Как может мужчина не смотреть на такую женщину с благоговением?
Воздух задрожал сильнее, засиял серебристым светом, и перед очами изумленного Коннала возник меч. Следя за серебряным мечом, он увидел, как тот опустился Шинид на ладони.
Глаза ее сверкали.
Боже милостивый!
Это был меч, подаренный ему королем Генрихом в тот день, когда его посвятили в рыцари. Такой же, как у де Клера, но если рукоять меча, принадлежавшего Рэймонду, украшали самоцветы, то этот меч — и рукоять, и клинок — был испещрен древними кельтскими письменами, воспринимавшимися как узор, ибо никто не мог прочесть эти знаки. Острие, как и у Рэймонда, имело зазубрины, как у пилы, а на крестообразной гарде эфеса красовался дракон с глазами из сверкающих зеленым огнем изумрудов.
— Откуда он у тебя? — тихо спросил он, только сейчас решившись посмотреть ей в глаза.
— Уверена, ты и сам это знаешь, Пендрагон.

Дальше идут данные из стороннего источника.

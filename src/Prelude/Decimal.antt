-- ===== src/Prelude/Decimal.antt =====
-- `%d` and `%zu` of printf: the decimal digits of a number.
use Prim.Native.Nat.{ℕ, zero, suc, ◌+◌, ◌/◌, ◌%◌}
use mathlib.Core.List.{[], ◌∷◌}
use emme.Prelude.Tests.{ltb, if◌then◌else◌}
use emme.Prelude.Text.{Bytes}

-- Digits in front of a text, with a round of division for each but the first; `fuel` rounds at most.
unfoldable pub digits_before : ℕ → ℕ → Bytes → Bytes
digits_before zero n text = text
digits_before (suc fuel) n text =
    let more = digits_before fuel (n / 10) ((48 + n % 10) ∷ text) in
    if ltb n 10 then (48 + n) ∷ text else more

-- A number below 2^64 has twenty digits at most.
unfoldable pub print_decimal : ℕ → Bytes
print_decimal n = digits_before 20 n []
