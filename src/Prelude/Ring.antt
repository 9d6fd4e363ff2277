-- ===== src/Prelude/Ring.antt =====
-- Circular arrays: the cells that a front and a count select, and a write behind them.
use Prim.Native.Nat.{ℕ, zero, suc, ◌+◌, ◌-◌, ◌%◌, ◌<◌}
use mathlib.Core.Path.{◌≡◌, refl, sym, ap, ◌∙◌, ap₂}
use mathlib.Core.Logic.{◌≢◌}
use mathlib.Core.List.{List, [], ◌∷◌, ◌++◌}
use mathlib.Core.Option.{Option, none}
use native.Mathlib.Omega.{arith}
use native.Mathlib.Nat.{mod-add-mod, mod-eq_of_lt, mod-eq-sub-mod}
use native.Mathlib.Decide.{dec_lt}
use emme.Prelude.Lists.{set, get_or, length, get_or-set_self, get_or-set_ne}

-- The cells from offset `k` on, `n` of them, of a ring of `size` cells whose front is `h`.
abbrev pub cells_from : {A : Type 0} → List (Option A) → ℕ → ℕ → ℕ → ℕ → List (Option A)
cells_from ts size h k zero = []
cells_from ts size h k (suc n) = get_or ts ((h + k) % size) none ∷ cells_from ts size h (suc k) n

-- Two offsets below the capacity name two cells.
offsets_differ : (size h a b : ℕ) → h < size → a < b → b < size → (h + a) % size ≢ (h + b) % size
offsets_differ size h a b p q r = elim (dec_lt (h + a) size) [
  | yes low ↦ elim (dec_lt (h + b) size) [
    | yes both ↦ omega (arith, mod-eq_of_lt low, mod-eq_of_lt both)
    | no over ↦ omega (
      arith,
      mod-eq_of_lt low,
      mod-eq-sub-mod {n = h + b} {m = size} (omega arith),
      mod-eq_of_lt {n = h + b - size} {m = size} (omega arith),
    )
  ]
  | no high ↦ omega (
    arith,
    mod-eq-sub-mod {n = h + a} {m = size} (omega arith),
    mod-eq_of_lt {n = h + a - size} {m = size} (omega arith),
    mod-eq-sub-mod {n = h + b} {m = size} (omega arith),
    mod-eq_of_lt {n = h + b - size} {m = size} (omega arith),
  )
]

-- A write at the offset just behind them adds one at the end.
pub cells_from-set :
    {A : Type 0} (ts : List (Option A)) (size h k n i : ℕ) (v : Option A)
    → length ts ≡ size
    → h < size
    → k + n < size
    → i ≡ (h + (k + n)) % size
    → cells_from (set ts i v) size h k (suc n) ≡ cells_from ts size h k n ++ (v ∷ [])
cells_from-set ts size h k zero i v s p q at =
    let here' : i ≡ (h + k) % size = at ∙ ap (λ (t : ℕ). (h + t) % size) (omega arith) in
    rw (here', get_or-set_self ts ((h + k) % size) v none (omega arith))
cells_from-set ts size h k (suc n) i v s p q at =
    let ahead : i ≡ (h + (suc k + n)) % size = at ∙ ap (λ (t : ℕ). (h + t) % size) (omega arith) in
    ap₂ ◌∷◌
      (get_or-set_ne ts i ((h + k) % size) v none
        (λ e. offsets_differ size h k (suc k + n) p (omega arith) (omega arith) (sym e ∙ ahead)))
      (cells_from-set ts size h (suc k) n i v s p (omega arith) ahead)

-- One step of the front is one offset.
pub cells_from-front :
    {A : Type 0} (ts : List (Option A)) (size h k n : ℕ)
    → cells_from ts size ((h + 1) % size) k n ≡ cells_from ts size h (suc k) n
cells_from-front ts size h k zero = refl
cells_from-front ts size h k (suc n) =
    let e : ((h + 1) % size + k) % size ≡ (h + suc k) % size =
      rw mod-add-mod (ap (λ (t : ℕ). t % size) (omega arith)) in
    rw (e, cells_from-front ts size h (suc k) n)

pub length-cells_from :
    {A : Type 0} (ts : List (Option A)) (size h k n : ℕ) → length (cells_from ts size h k n) ≡ n
length-cells_from ts size h k zero = refl
length-cells_from ts size h k (suc n) = ap suc (length-cells_from ts size h (suc k) n)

Голос ее был печален. Нет, не может быть, чтобы она тоже знала. Она не присутствовала при том, как он швырнул меч к ногам отца. В тот день Гейлен и Рэймонд пытались отговорить Коннала покинуть Ирландию, когда он решил отправиться с Ричардом в крестовый поход. Это было уже после смерти Генриха. Но в тот день Коннал узнал нечто такое, причем от людей, которым он доверял больше всего на свете, что заставило его принять это решение. Нечто такое, что скрывали от него всю жизнь. И вот тогда он, ходивший в любимцах старого короля, стал никем: второстепенной фигурой, какой не следует даже появляться при дворе нового государя.

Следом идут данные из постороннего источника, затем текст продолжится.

-- ===== src/Prelude/Clock.antt =====
-- Points in time as the system's calls give them.
use Prim.Native.Nat.{ℕ}

-- `struct timespec`: seconds and nanoseconds
pub record Timespec : Type 0 where
  pub tv_sec : ℕ
  pub tv_nsec : ℕ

— Нет, Шинид. То было в Англии. Тебя там не было, и ты не можешь этого знать.
Шинид пожала плечами, как будто сказанное им не имело значения.
— И все же именно этот меч был при мне, когда ты встретил меня на берегу.

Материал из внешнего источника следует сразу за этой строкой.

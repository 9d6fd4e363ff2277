-- ===== src/Prelude.antt =====
-- The names that the other modules share: those of the libraries, passed on, and those of the
-- children (tests on numbers, lists with native indices, C strings as lists of bytes, signed integers,
-- lists of indices, results of chains that may fail, decimal digits, circular arrays, points in
-- time).
mod Tests
mod Lists
mod Text
mod Int
mod Slots
mod Outcome
mod Decimal
mod Ring
mod Clock
pub use Tests.*
pub use Lists.*
unfoldable pub use Text.*
pub use Int.*
pub use Slots.*
pub use Outcome.*
unfoldable pub use Decimal.*
pub use Ring.*
pub use Clock.*
pub use Prim.Native.Nat.{ℕ, zero, suc, ◌+◌, ◌-◌, ◌*◌, ◌/◌, ◌%◌, ◌^◌, ◌≤◌, ◌<◌}
pub use mathlib.Core.Path.{◌≡◌, refl, sym, ap, ◌∙◌}
pub use mathlib.Core.Logic.{◌≢◌, ◌↔◌, ◌⊎◌, inl, inr}
pub use mathlib.Core.Bool.{Bool, true, false, not, ◌&&◌, ◌||◌}
pub use mathlib.Core.Option.{Option, none, some}
pub use mathlib.Core.List.{List, [], ◌∷◌, ◌++◌, map}
pub use native.Mathlib.Omega.{arith}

Коннал не стал задаваться вопросом, почему он не узнал этот клинок. Ведь тогда, у моря, он смотрел на нее и ничего больше не видел.
Шинид подняла меч острием вверх, и сталь грозно сверкнула.
Коннал не сделал даже попытки взять оружие из ее руки.
— А теперь попробуй сказать мне, что ты не отвернулся от своего наследия. Ты бросил Ирландию с такой же легкостью, с какой бросил этот меч. — Шинид хотела положить оружие на стол подле себя, но Коннал взмахом руки ее остановил.
— Скажи, отчего ты хранишь его у себя? — хрипло спросил он. Слова давались ему с трудом.
— Если ты не знаешь ответа, то недостоин его носить. — Коннал протянул руку к мечу, но Шинид отступила. — Теперь он мой, Пендрагон.
— Зачем он тебе?
— Меч принадлежал лорду, а теперь я вижу, что он умер.
— Лорд умер, это так, но человек жив и скоро станет твоим мужем.
— Нет! Человек, которого я вижу, перед собой, предал свой народ.
Коннал сжал кулаки, с трудом сдерживая вновь накатившую ярость. Слышно было, как хрустнули костяшки пальцев.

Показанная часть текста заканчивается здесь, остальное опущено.